Bioinformatics read processing
Raw reads were quality checked in Fastqc (Babraham Institute, 2013).
Primers were trimmed using fastx_trimmer and reads processed in
Trimmomatic (Bolger, Lohse, & Usadel, 2014) using TRAILING:20 .
Individual libraries were further processed, implementing several steps
of the Usearch (Edgar, 2013) pipeline: reads were merged (optionmergepairs -fastq_minovlen 50, -fastq_maxdiffs 15 ),
quality-filtered (Maxee = 1 ), trimmed to full length amplicons of
416-420 bp (-sortbylength ), dereplicated
(-fastx_uniques ), and denoised and chimera checked
(-unoise3, -minsize 2 ). Denoised reads from all 104 libraries,
representing putative haplotypes, were then combined and dereplicated to
yield a set of unique sequences across all samples, referred to as
amplicon sequence variants (ASVs from here on; Callahan et al. ,
2016). MEGAN V5 (Huson, Auch, Qi, & Schuster, 2007) with the lowest
common ancestor (LCA) algorithm was used to compute the taxonomic
affinity of each ASV. This classification was based on the result of a
BLAST search (blastn -outfmt 5 -evalue 0.001 ) against a reference
library including the NCBI nt database (Accessed at June 2018)
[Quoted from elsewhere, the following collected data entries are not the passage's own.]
-- ===== src/Resolve/Reason.antt =====
-- installer/resolve.py, `unavailable_reason`: the sentence for a tool that no platform supports.
use Prim.Native.Nat.{Ordering}
use Prim.Native.String.{compare}
use tools_installer.Base.{
  String, Bool, true, false, Option, none, some, List, [], ◌∷◌, ◌++◌, map, if◌then◌else◌, all,
  contains, get, concat, join,
}
use tools_installer.Model.{Kind, cask, Method, Tool}
use tools_installer.Platform.{Platform}
use tools_installer.Resolve.{
  native_os, kind_name, str_of, Category, os, arch, min_os_version, immutable, rejection, with_brew,
  platform_could_support,
}

pub record UnavailableReason : Type 0 where
  pub short : String
  pub detail : String

-- `params.get("min_os_version")` in an f-string; a missing one is spelled `None`.
floor_text : Method → String
unfolding get str_of
floor_text m = elim (get "min_os_version" m.params) [ none ↦ "None" | some floor ↦ str_of floor ]

method_short : Category → Platform → Method → String
unfolding floor_text concat
method_short os p m = concat (p.os ∷ " not supported" ∷ [])
method_short arch p m = concat ("not built for " ∷ p.arch ∷ [])
method_short min_os_version p m = concat ("needs macOS " ∷ floor_text m ∷ "+" ∷ [])
method_short immutable p m = "immutable host"

-- `reason`, where every method is rejected for the one category. `oses` is `_supported_oses(tool)`.
reason_for : List String → Category → Tool → Method → Platform → UnavailableReason
unfolding floor_text concat join kind_name
reason_for oses os tool m p = record {
  short = concat (p.os ∷ " not supported" ∷ []);
  detail = concat (tool.id ∷ " only supports " ∷ join ", " oses ∷ "." ∷ []);
}
reason_for oses arch tool m p = record {
  short = concat ("not built for " ∷ p.arch ∷ []);
  detail = concat (tool.id ∷ " is not built for " ∷ p.arch ∷ "." ∷ []);
}
reason_for oses min_os_version tool m p = record {
  short = concat ("needs macOS " ∷ floor_text m ∷ "+" ∷ []);
  detail = concat (tool.id ∷ " needs macOS " ∷ floor_text m ∷ " or newer." ∷ []);
}
reason_for oses immutable tool m p = record {
  short = "immutable host";
  detail = concat (
      tool.id
      ∷ " only declares native package-manager methods ("
      ∷ join "/" (map (λ k. kind_name k.kind) tool.methods)
      ∷ "), which this installer skips on an immutable (ostree) host."
      ∷ []);
}

abbrev is_cask : Kind → Bool
is_cask cask = true
is_cask _ = false

-- `found.add(os)`
add : String → List String → List String
add x xs = if contains x xs then xs else xs ++ x ∷ []

add_all : List String → List String → List String
unfolding add
add_all [] found = found
add_all (x ∷ xs) found = add_all xs (add x found)

-- One round of the loop of `_supported_oses`.
add_method : Method → List String → List String
unfolding add_all native_os
add_method m found =
    let found' = add_all m.os found in
    elim (native_os m.kind) [
      | some native ↦ add native found'
      | none ↦ if is_cask m.kind then add "macos" found' else found'
    ]

add_methods : List Method → List String → List String
unfolding add_method
add_methods [] found = found
add_methods (m ∷ ms) found = add_methods ms (add_method m found)

-- `sorted` on texts
insert_text : String → List String → List String
insert_text x [] = x ∷ []
insert_text x (y ∷ ys) =
    let rest = insert_text x ys in elim (compare x y) [ Ordering.gt ↦ y ∷ rest | _ ↦ x ∷ y ∷ ys ]

sort_texts : List String → List String
unfolding insert_text
sort_texts [] = []
sort_texts (x ∷ xs) = insert_text x (sort_texts xs)

unfoldable pub supported_oses : Tool → List String
unfolding add_methods sort_texts
supported_oses tool = sort_texts (add_methods tool.methods [])

same_category : Category → Category → Bool
same_category os os = true
same_category arch arch = true
same_category min_os_version min_os_version = true
same_category immutable immutable = true
same_category _ _ = false

-- From `rejected = […]` on, for a tool with the methods `first ∷ rest`.
reasons : Tool → Method → List Method → Platform → UnavailableReason
unfolding rejection same_category method_short reason_for supported_oses
reasons tool first rest p =
    let category = rejection first p in
    let shorts = map (λ m. method_short (rejection m p) p m) (first ∷ rest) in
    let sentence = concat ("no method applies here: " ∷ join "; " shorts ∷ []) in
    if all (λ m. same_category (rejection m p) category) rest
    then reason_for (supported_oses tool) category tool first p
    else record { short = sentence; detail = sentence }

-- The rest of `unavailable_reason`, from `if not tool.methods` on.
explained : Tool → List Method → Platform → UnavailableReason
unfolding reasons
explained tool [] p = record {
  short = "no install method";
  detail = concat (tool.id ∷ " declares no install method." ∷ []);
}
explained tool (first ∷ rest) p = reasons tool first rest p

unfoldable pub unavailable_reason : Tool → Platform → Option UnavailableReason
unfolding platform_could_support explained
unavailable_reason tool p =
    if platform_could_support tool p then none else some (explained tool tool.methods (with_brew p))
together with an additional 559 unpublished taxonomically assigned
Iberian sequences of Acari, Collembola, and Coleoptera.
ASVs classified by MEGAN as Acari, Collembola, and Coleoptera were
processed with metaMATE (Andújar et al., 2021). MetaMATE evaluates the
survival of ASVs under alternative filtering procedures based on the
relative abundance of co-distributed ASVs. Briefly, the application of
metaMATE involves a six-step procedure: (i) identification of verified
authentic ASVs (va-ASVs) by 100% matching against a reference COI
sequence; (ii) identification of ASVs including indels or STOP codons as
verified non-authentic ASVs (vna-ASVs); (iii) generation of a community
table with read-counts (ASV abundance) by sample against the complete
collection of reads (i.e., before the dereplicating and denoising steps)
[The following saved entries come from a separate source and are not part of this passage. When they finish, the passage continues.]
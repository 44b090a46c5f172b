-- ===== src/Resolve/Parity.antt =====
-- That `_rejection` names the clause by which `_applies` refuses a method, and that
-- `unavailable_reason` speaks only where Homebrew would not help.
use tools_installer.Base.{
  String, Bool, true, false, Option, none, some, List, [], ◌∷◌, ◌≡◌, refl, ◌≢◌, arith, filter, any,
  All, length, length-sorted, Bool-cases, inl, inr, if◌then◌else◌, sorted, ◌==◌, eq_iff, ap, sym,
  ◌⊎◌, ◌&&◌, ◌||◌, ◌∙◌, not, is_some,
}
use tools_installer.Model.{Kind, dnf, apt, pacman, rpm_ostree, brew, cask, Method, Tool}
use tools_installer.Platform.{Platform}
use tools_installer.Resolve.{
  excludes, below_floor, kind_applies, applies, resolve_methods, rejection, is_native,
  is_rpm_ostree, with_brew, non_empty, platform_could_support, Category, os, arch, min_os_version,
  immutable,
}
use tools_installer.Resolve.Ladder.{ladder}
use tools_installer.Resolve.Reason.{UnavailableReason, unavailable_reason}

-- The one system that a kind of method is for, if there is one.
abbrev pub home : Kind → Option String
home cask = some "macos"
home dnf = some "fedora"
home apt = some "debian"
home pacman = some "arch"
home _ = none

-- The kind is for another system.
abbrev pub Foreign : Kind → Platform → Type 0
Foreign k p = (o : String) × (home k ≡ some o) × (p.os ≢ o)

-- A kind that an immutable host refuses, or any host
abbrev pub on_immutable : Kind → Platform → Bool
on_immutable k p = is_rpm_ostree k || (is_native k && p.immutable)

-- What a category says of a method on a platform.
abbrev pub Explains : Category → Method → Platform → Type 0
Explains os m p =
    (excludes m.os p.os ≡ true)
    ⊎ (excludes m.os p.os ≡ false)
      × (excludes m.arch p.arch ≡ false)
      × (below_floor m p ≡ false)
      × (on_immutable m.kind p ≡ false)
      × Foreign m.kind p
Explains arch m p = (excludes m.os p.os ≡ false) × (excludes m.arch p.arch ≡ true)
Explains min_os_version m p =
    (excludes m.os p.os ≡ false) × (excludes m.arch p.arch ≡ false) × (below_floor m p ≡ true)
Explains immutable m p =
    (excludes m.os p.os ≡ false)
    × (excludes m.arch p.arch ≡ false)
    × (below_floor m p ≡ false)
    × ((m.kind ≡ rpm_ostree) ⊎ ((is_native m.kind ≡ true) × (p.immutable ≡ true)))

-- The categories that a refusal by the kind can have.
abbrev KindExplains : Bool → Kind → Platform → Type 0
KindExplains true k p = (k ≡ rpm_ostree) ⊎ ((is_native k ≡ true) × (p.immutable ≡ true))
KindExplains false k p = Foreign k p

apart : (x y : String) → (x == y) ≡ false → y ≢ x
apart x y h = λ same. ground (arith, eq_iff x y, same)

native_refused :
    (k : Kind) (p : Platform) (o : String)
    → home k ≡ some o
    → is_native k ≡ true
    → (if p.immutable then false else o == p.os) ≡ false
    → KindExplains p.immutable k p
native_refused k p o h native r = elim (Bool-cases p.immutable) [
  | inl holds ↦ rw holds (inr (native, refl))
  | inr fails ↦ rw fails (o, h, apart o p.os (ground arith))
]

kind_refused :
    (k : Kind) (p : Platform)
    → kind_applies k (with_brew p) ≡ false
    → KindExplains (on_immutable k p) k p
unfolding kind_applies with_brew is_native
kind_refused dnf p h = native_refused dnf p "fedora" refl refl h
kind_refused apt p h = native_refused apt p "debian" refl refl h
kind_refused pacman p h = native_refused pacman p "arch" refl refl h
kind_refused rpm_ostree p h = inl refl
kind_refused cask p h = ("macos", refl, λ mac. ground (arith, mac, eq_iff p.os "macos"))
kind_refused _ p h = ground arith

below_floor-with_brew : (m : Method) (p : Platform) → below_floor m (with_brew p) ≡ below_floor m p
unfolding below_floor with_brew
below_floor-with_brew m p = refl

kind_category :
    (m : Method) (p : Platform)
    → excludes m.os p.os ≡ false
    → excludes m.arch p.arch ≡ false
    → below_floor m p ≡ false
    → (refused : Bool) → on_immutable m.kind p ≡ refused
    → KindExplains refused m.kind p
    → Explains (if refused then immutable else os) m p
kind_category m p here built new true r e = (here, built, new, e)
kind_category m p here built new false r e = inr (here, built, new, r, e)

-- `_rejection` names the clause of `_applies` by which a method is refused where Homebrew is
-- present, and the first of them: `os` where the method's `os` excludes the host, or where no clause
-- before it refuses the method and its kind is for another system; `arch` and `min_os_version` where
-- those exclude it and nothing before does; `immutable` where none of these three does, and the kind
-- is `rpm_ostree`, or a native manager of any system while the host is immutable.
pub rejection-Explains :
    (m : Method) (p : Platform)
    → applies m (with_brew p) ≡ false
    → Explains (rejection m (with_brew p)) m p
unfolding applies with_brew rejection
rejection-Explains m p h = elim (Bool-cases (excludes m.os p.os)) [
  | inl holds ↦ rw holds (inl holds)
  | inr here ↦ elim (Bool-cases (excludes m.arch p.arch)) [
    | inl holds ↦ rw (here, holds) (here, holds)
    | inr built ↦ elim (Bool-cases (below_floor m p)) [
      | inl holds ↦ rw (here, built, below_floor-with_brew m p, holds) (here, built, holds)
      | inr new ↦
          let refused = kind_refused m.kind p (ground (arith, below_floor-with_brew m p)) in
          rw (here, built, below_floor-with_brew m p, new)
            (kind_category m p here built new (on_immutable m.kind p) refl refused)
    ]
  ]
]

non_empty-filter :
    (p : Platform) (ms : List Method)
    → non_empty (filter (λ m. applies m p) ms) ≡ any (λ m. applies m p) ms
unfolding non_empty
non_empty-filter p [] = refl
non_empty-filter p (m ∷ ms) = ground (arith, non_empty-filter p ms)

non_empty-length : (ms ns : List Method) → length ms ≡ length ns → non_empty ms ≡ non_empty ns
unfolding non_empty
non_empty-length [] [] h = refl
non_empty-length [] (n ∷ ns) h = ground arith
non_empty-length (m ∷ ms) [] h = ground arith
non_empty-length (m ∷ ms) (n ∷ ns) h = refl

applicable :
    (tool : Tool) (p : Platform)
    → non_empty (resolve_methods tool p) ≡ any (λ m. applies m p) tool.methods
unfolding resolve_methods
applicable tool p =
    let found = filter (λ m. applies m p) tool.methods in
    non_empty-length (sorted ladder found) found (length-sorted ladder found)
    ∙ non_empty-filter p tool.methods

supported :
    (tool : Tool) (p : Platform)
    → platform_could_support tool p ≡ any (λ m. applies m (with_brew p)) tool.methods
unfolding platform_could_support
supported tool p = applicable tool (with_brew p)

kind_mono :
    (k : Kind) (p : Platform) → kind_applies k p ≡ true → kind_applies k (with_brew p) ≡ true
unfolding kind_applies with_brew
kind_mono dnf p h = h
kind_mono apt p h = h
kind_mono pacman p h = h
kind_mono rpm_ostree p h = h
kind_mono brew p h = refl
kind_mono cask p h = ground arith
kind_mono _ p h = refl

applies_mono : (m : Method) (p : Platform) → applies m p ≡ true → applies m (with_brew p) ≡ true
unfolding applies with_brew
applies_mono m p h = ground (arith, below_floor-with_brew m p, kind_mono m.kind p)

any_mono :
    (p : Platform) (ms : List Method)
    → any (λ m. applies m p) ms ≡ true
    → any (λ m. applies m (with_brew p)) ms ≡ true
any_mono p [] h = h
any_mono p (m ∷ ms) h = ground (arith, applies_mono m p, any_mono p ms)

refused-Explains :
    (p : Platform) (ms : List Method)
    → any (λ m. applies m (with_brew p)) ms ≡ false
    → All (λ m. Explains (rejection m (with_brew p)) m p) ms
refused-Explains p [] h = tt
refused-Explains p (m ∷ ms) h =
    (rejection-Explains m p (ground arith), refused-Explains p ms (ground arith))

speaks :
    (tool : Tool) (p : Platform)
    → is_some (unavailable_reason tool p) ≡ not (platform_could_support tool p)
unfolding unavailable_reason
speaks tool p = elim (Bool-cases (platform_could_support tool p)) [
  | inl holds ↦ rw holds refl
  | inr fails ↦ rw fails refl
]

not_speaking :
    (tool : Tool) (p : Platform)
    → platform_could_support tool p ≡ true
    → unavailable_reason tool p ≡ none
unfolding unavailable_reason
not_speaking tool p h = rw h refl

-- `unavailable_reason` is silent just where some method applies once Homebrew is present, so it is
-- silent about every tool for which `resolve_methods` returns a method now. Where it speaks,
-- `_rejection` names for every method of the tool the clause of `_applies` that refuses it.
pub unavailable_reason-exact :
    (tool : Tool) (p : Platform)
    → (is_some (unavailable_reason tool p) ≡ not (any (λ m. applies m (with_brew p)) tool.methods))
      × (non_empty (resolve_methods tool p) ≡ true → unavailable_reason tool p ≡ none)
      × ((reason : UnavailableReason)
          → unavailable_reason tool p ≡ some reason
          → All (λ m. Explains (rejection m (with_brew p)) m p) tool.methods)
unavailable_reason-exact tool p = (
  ground (arith, speaks tool p, supported tool p),
  λ found.
      not_speaking tool p
        (supported tool p ∙ any_mono p tool.methods (sym (applicable tool p) ∙ found)),
  λ reason spoken.
      refused-Explains p tool.methods
        (ground (arith, speaks tool p, supported tool p, spoken, ap is_some spoken)),
)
using Usearch (-search_exact option); (iv) filtering with a range of
criteria and threshold values; (v) evaluation of the survival of va-ASVs
and vna-ASVs, and (vi) estimation of the predicted number of a-ASVs and
na-ASVs, for every filtering iteration. Filtering parameters can thus be
chosen according to desired stringency for the survival of a-ASVs and
na-ASVs. (see Andújar et al. , 2021 for further details)
The following input files were used to run MetaMATE: (i) the set of
unique ASVs (-A option); (ii) a reference dataset (-R) for the
identification of va-ASVs, including all BOLD sequences for Acari,
Collembola, and Coleoptera (downloaded at May 2020) plus 1,011 sequences
from specimens collected at the Iberian Peninsula and the Canary
Islands; (iii) all reads prior to the dereplicating and denoising steps
(-L), and; (4) the specification file including filtering criteria and
parameters to be evaluated (-S) (parameters used: –refmatchlength 350
–refmatchpercent 100 –expectedlength 418). Filtering was explored
using both (i) minimum absolute and minimum percentage abundance by
library and (ii) minimum percentage abundance by library and lineages at
20% divergence, and all pair combinations of these (See MetaMATE
tutorial for details). Analyses were conducted independently for Acari,
Coleoptera, and Collembola. Filtering parameters were selected for each
taxon to maximize the number of surviving va-ASVs while maintaining the
predicted contribution of na-ASVs to the final dataset to be ≤ 5%.
Finally, the filtered set of ASVs was further filtered to reduce any
potential cross-contamination problems across samples by removing ASVs
with four or fewer reads from each library. Community tables of fully
filtered haplotypes were then transformed into incidence
(presence/absence) data for further analyses.